Stored data
____________

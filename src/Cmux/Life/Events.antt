-- ===== src/Cmux/Life/Events.antt =====
-- The event bits and the flow control of a multiplexer in each of its states.
use modem_modules.Base.{
  ℕ, Bool, Bool-cases, inl, inr, true, false, ◌≡◌, refl, ap, sym, ◌∙◌, Option, none, some, List, [],
  ◌∷◌, RingBuf, Crc8, ◌==◌, not, suc,
}
use modem_modules.Cmux.{
  Cmux, Dlci, State, Receiver, ReceiveState, EventBit, frame_type_ua, frame_type_uih, call,
  notify_closed,
}
use modem_modules.Cmux.Control.{
  Command, type_value, command_cld, command_msc, command_fcon, command_fcoff, is_connecting,
  takes_commands, wrap_command, on_cld_command, on_control_frame_ua, on_msc_command,
  on_fcon_command, on_fcoff_command, on_command, on_control_frame_uih, on_control_frame, on_frame,
  acknowledge_received_frame,
}
use modem_modules.Cmux.Receive.{receive_sof, receive_resync, with_receiver}
use modem_modules.Cmux.Work.{notify_all_closed, release}
use modem_modules.Cmux.Life.{Agrees, IsConsistent}
use modem_modules.Base.Gives.{Always, Always-bind, Always-if}
use modem_modules.Cmux.Life.Keeps.{
  Keeps, unchanged, Keeps-self, Keeps-trans, acknowledge-Keeps, on_dlci_frame-Keeps,
}

-- One of the two event bits is set in every state.
Agrees-one : (s : State) (flow on off : Bool) → Agrees s flow on off → on ≡ not off
Agrees-one State.connected flow on off v = v.0 ∙ ap not (sym v.1)
Agrees-one State.disconnected flow on off v = v.1 ∙ ap not (sym v.2)
Agrees-one State.connecting flow on off v = v
Agrees-one State.disconnecting flow on off v = v

-- The flow control may change in the states in which commands are taken.
Agrees-flow :
    (s : State) (flow on off b : Bool)
    → takes_commands s ≡ true
    → Agrees s flow on off
    → Agrees s b on off
Agrees-flow State.connected flow on off b t v = v
Agrees-flow State.disconnected flow on off b t v = cc
Agrees-flow State.connecting flow on off b t v = v
Agrees-flow State.disconnecting flow on off b t v = v

module _ {Rb : Type 0} where
  pub Keeps-IsConsistent : {c c' : Cmux Rb} → Keeps c c' → IsConsistent c → IsConsistent c'
  Keeps-IsConsistent k v =
      rw
        (
          k.same_state,
          k.same_flow,
          k.same_bit EventBit.connected_bit,
          k.same_bit EventBit.disconnected_bit,
        )
        v

  pub Always-Keeps {ℓ} :
      {A : Type ℓ} (f : A → Cmux Rb) (c : Cmux Rb) (m : Option A)
      → IsConsistent c
      → Always (λ a. Keeps c (f a)) m
      → Always (λ a. IsConsistent (f a)) m
  Always-Keeps f c none v k = tt
  Always-Keeps f c (some a) v k = Keeps-IsConsistent k v

  on_cld_command-IsConsistent : (c : Cmux Rb) → IsConsistent (on_cld_command c)
  unfolding on_cld_command
  on_cld_command-IsConsistent c = elim (Bool-cases c.has_callback) [
    | inl t ↦ rw t (refl, refl, refl)
    | inr t ↦ rw t (refl, refl, refl)
  ]

  on_control_frame_ua-IsConsistent :
      (c : Cmux Rb) → IsConsistent c → IsConsistent (on_control_frame_ua c)
  unfolding on_control_frame_ua
  on_control_frame_ua-IsConsistent c v = elim (Bool-cases (is_connecting c.state)) [
    | inr t ↦ rw t v
    | inl t ↦ elim (Bool-cases c.has_callback) [
      | inl h ↦ rw (t, h) (refl, refl)
      | inr h ↦ rw (t, h) (refl, refl)
    ]
  ]

  -- The state changes to one in which either bit may be set.
  pub connecting-IsConsistent :
      (c : Cmux Rb) → IsConsistent c → IsConsistent (record c { state = State.connecting })
  connecting-IsConsistent c v = Agrees-one c.state _ _ _ v

  pub disconnecting-IsConsistent :
      (c : Cmux Rb) → IsConsistent c → IsConsistent (record c { state = State.disconnecting })
  disconnecting-IsConsistent c v = Agrees-one c.state _ _ _ v

  notify_all_closed-Keeps :
      (i : ℕ) (ds : List (Dlci Rb)) (c : Cmux Rb) → Keeps c (notify_all_closed i ds c)
  unfolding notify_all_closed
  notify_all_closed-Keeps i [] c = Keeps-self c
  notify_all_closed-Keeps i (d ∷ ds) c =
      Keeps-trans (unchanged refl refl (λ b. refl))
        (notify_all_closed-Keeps (suc i) ds (call (notify_closed i) c))

  pub release-Keeps : (c : Cmux Rb) → Keeps c (release c)
  unfolding release
  release-Keeps c =
      Keeps-trans (notify_all_closed-Keeps 0 c.dlcis c) (unchanged refl refl (λ b. refl))

  pub with_receiver-Keeps :
      (c : Cmux Rb) (o : Option Receiver) → Always (Keeps c) (with_receiver c o)
  with_receiver-Keeps c o = Always-bind _ o _ (λ r. unchanged refl refl (λ b. refl))

  pub receive_sof-Keeps : (c : Cmux Rb) (b : ℕ) → Keeps c (receive_sof c b)
  unfolding receive_sof
  receive_sof-Keeps c b = elim (Bool-cases (b == 0xF9)) [
    | inl t ↦ rw t (unchanged refl refl (λ b. refl))
    | inr t ↦ rw t (unchanged refl refl (λ b. refl))
  ]

  pub receive_resync-Keeps :
      (c : Cmux Rb) (s t : ReceiveState) (b : ℕ) → Keeps c (receive_resync c s t b)
  unfolding receive_resync
  receive_resync-Keeps c s t b = elim (Bool-cases (b == 0xF9)) [
    | inl t ↦ rw t (unchanged refl refl (λ b. refl))
    | inr t ↦ rw t (unchanged refl refl (λ b. refl))
  ]

module _ {Rb : Type 0} ⦃ring : RingBuf Rb⦄ ⦃crc : Crc8⦄ (c : Cmux Rb) (v : IsConsistent c) where
  flow-IsConsistent :
      (b : Bool)
      → takes_commands c.state ≡ true
      → Always IsConsistent (acknowledge_received_frame (record c { flow_control_on = b }))
  flow-IsConsistent b t =
      Always-Keeps (λ a. a) (record c { flow_control_on = b }) _ (Agrees-flow c.state _ _ _ b t v)
        (acknowledge-Keeps _)

  on_command-IsConsistent :
      (m : Command) → takes_commands c.state ≡ true → Always IsConsistent (on_command c m)
  unfolding on_command on_msc_command on_fcon_command on_fcoff_command
  on_command-IsConsistent m t =
      Always-if _ (type_value m == command_cld) _ _ (λ _. on_cld_command-IsConsistent c)
        (λ _.
          Always-if _ (type_value m == command_msc) _ _
            (λ _. Always-Keeps (λ a. a) c _ v (acknowledge-Keeps c))
            (λ _.
              Always-if _ (type_value m == command_fcon) _ _ (λ _. flow-IsConsistent true t)
                (λ _.
                  Always-if _ (type_value m == command_fcoff) _ _ (λ _. flow-IsConsistent false t)
                    (λ _. v))))

  on_control_frame_uih-IsConsistent : Always IsConsistent (on_control_frame_uih c)
  unfolding on_control_frame_uih
  on_control_frame_uih-IsConsistent = elim (Bool-cases (takes_commands c.state)) [
    | inr t ↦ rw t v
    | inl t ↦
        rw t (Always-bind _ (wrap_command c.receiver c.frame.contents c.frame.data_len) _ (go t))
  ]
    where
      go :
          takes_commands c.state ≡ true
          → (o : Option Command)
          → Always IsConsistent (elim o [ none ↦ some c | some m ↦ on_command c m ])
      go t none = v
      go t (some m) = on_command-IsConsistent m t

  pub on_frame-IsConsistent : Always IsConsistent (on_frame c)
  unfolding on_frame on_control_frame
  on_frame-IsConsistent =
      Always-if _ (c.frame.dlci_address == 0) _ _
        (λ _.
          Always-if _ (c.frame.frame_type == frame_type_ua) _ _
            (λ _. on_control_frame_ua-IsConsistent c v)
            (λ _.
              Always-if _ (c.frame.frame_type == frame_type_uih) _ _
                (λ _. on_control_frame_uih-IsConsistent) (λ _. v)))
        (λ _. Always-Keeps (λ a. a) c _ v (on_dlci_frame-Keeps c))
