asked-close :
    (m : String) (s : Settings) (env : Encounter) (handle : UsageAttemptHandle)
    (c : TerminalValues × Result LlmError LlmResponse) (w : World)
    → asked m (close_with s env handle c w).1 ≡ asked m w
unfolding close asked
asked-close m s env handle (v, result) w = refl

recorded-close :
    (m : String) (s : Settings) (env : Encounter) (handle : UsageAttemptHandle)
    (c : TerminalValues × Result LlmError LlmResponse) (w : World)
    → recorded m (close_with s env handle c w).1.ledger ≡ recorded m w.ledger
unfolding close
recorded-close m s env handle (v, result) w =
    finalize_kept (λ db. recorded m db ≡ recorded m w.ledger) env.broker_up s.finalize_retries
      env.tries handle v w.ledger (λ i t now db e. recorded-update m i t now db ∙ e)
      (λ b i db e. recorded-notify m b i db ∙ e) refl

roles-close :
    (s : Settings) (env : Encounter) (handle : UsageAttemptHandle)
    (c : TerminalValues × Result LlmError LlmResponse) (w : World)
    → All IsRole w.ledger.attempts
    → All IsRole (close_with s env handle c w).1.ledger.attempts
unfolding close
roles-close s env handle (v, result) w h =
    finalize_kept (λ db. All IsRole db.attempts) env.broker_up s.finalize_retries env.tries handle v
      w.ledger update-roles notify-roles h

one_row :
    (row : LlmUsageAttempt) (model : String) (b : Bool)
    → length {A = LlmUsageAttempt} (if b then row ∷ [] else [])
      ≡ length {A = String} (if b then model ∷ [] else [])
one_row row model true = refl
one_row row model false = refl

asked_apart :
    (m : String) (db db' : Ledger) (requests : List String)
    → asked m (record { ledger = db; requests = requests })
      ≡ asked m (record { ledger = db'; requests = requests })
unfolding asked
asked_apart m db db' requests = refl

-- Recording an attempt that names a model allows for one request of that model.
one_more :
    (m model : String) (row : LlmUsageAttempt) (db : Ledger) (requests : List String)
    → row.requested_model ≡ model
    → asked m (record { ledger = db; requests = requests }) ≤ recorded m db
    → asked m (ask model (record { ledger = write row db; requests = requests }))
      ≤ recorded m (write row db)
one_more m model row db requests named h =
    let grown = recorded-write m row db in
    let asked_more = asked-ask m model (record { ledger = write row db; requests = requests }) in
    let one =
      one_row row row.requested_model (same_text row.requested_model m)
      ∙ ap (λ x. length (select (asks m) (x ∷ []))) named in
    let same = asked_apart m db (write row db) requests in omega arith

-- An attempt alone leaves room.
room :
    (m : String) (row : LlmUsageAttempt) (db : Ledger) (n : ℕ)
    → n ≤ recorded m db
    → n ≤ recorded m (write row db)
room m row db n h = let grown = recorded-write m row db in omega arith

____________

» Required action
From the records above, reproduce exactly the lines from the one with "flow-IsConsistent b t" to the one with "Always-if _ (c.frame.frame_type == frame_type_uih)", both included, and no others.

» Answer for this exercise
  flow-IsConsistent b t =
      Always-Keeps (λ a. a) (record c { flow_control_on = b }) _ (Agrees-flow c.state _ _ _ b t v)
        (acknowledge-Keeps _)

  on_command-IsConsistent :
      (m : Command) → takes_commands c.state ≡ true → Always IsConsistent (on_command c m)
  unfolding on_command on_msc_command on_fcon_command on_fcoff_command
  on_command-IsConsistent m t =
      Always-if _ (type_value m == command_cld) _ _ (λ _. on_cld_command-IsConsistent c)
        (λ _.
          Always-if _ (type_value m == command_msc) _ _
            (λ _. Always-Keeps (λ a. a) c _ v (acknowledge-Keeps c))
            (λ _.
              Always-if _ (type_value m == command_fcon) _ _ (λ _. flow-IsConsistent true t)
                (λ _.
                  Always-if _ (type_value m == command_fcoff) _ _ (λ _. flow-IsConsistent false t)
                    (λ _. v))))

  on_control_frame_uih-IsConsistent : Always IsConsistent (on_control_frame_uih c)
  unfolding on_control_frame_uih
  on_control_frame_uih-IsConsistent = elim (Bool-cases (takes_commands c.state)) [
    | inr t ↦ rw t v
    | inl t ↦
        rw t (Always-bind _ (wrap_command c.receiver c.frame.contents c.frame.data_len) _ (go t))
  ]
    where
      go :
          takes_commands c.state ≡ true
          → (o : Option Command)
          → Always IsConsistent (elim o [ none ↦ some c | some m ↦ on_command c m ])
      go t none = v
      go t (some m) = on_command-IsConsistent m t

  pub on_frame-IsConsistent : Always IsConsistent (on_frame c)
  unfolding on_frame on_control_frame
  on_frame-IsConsistent =
      Always-if _ (c.frame.dlci_address == 0) _ _
        (λ _.
          Always-if _ (c.frame.frame_type == frame_type_ua) _ _
            (λ _. on_control_frame_ua-IsConsistent c v)
            (λ _.
              Always-if _ (c.frame.frame_type == frame_type_uih) _ _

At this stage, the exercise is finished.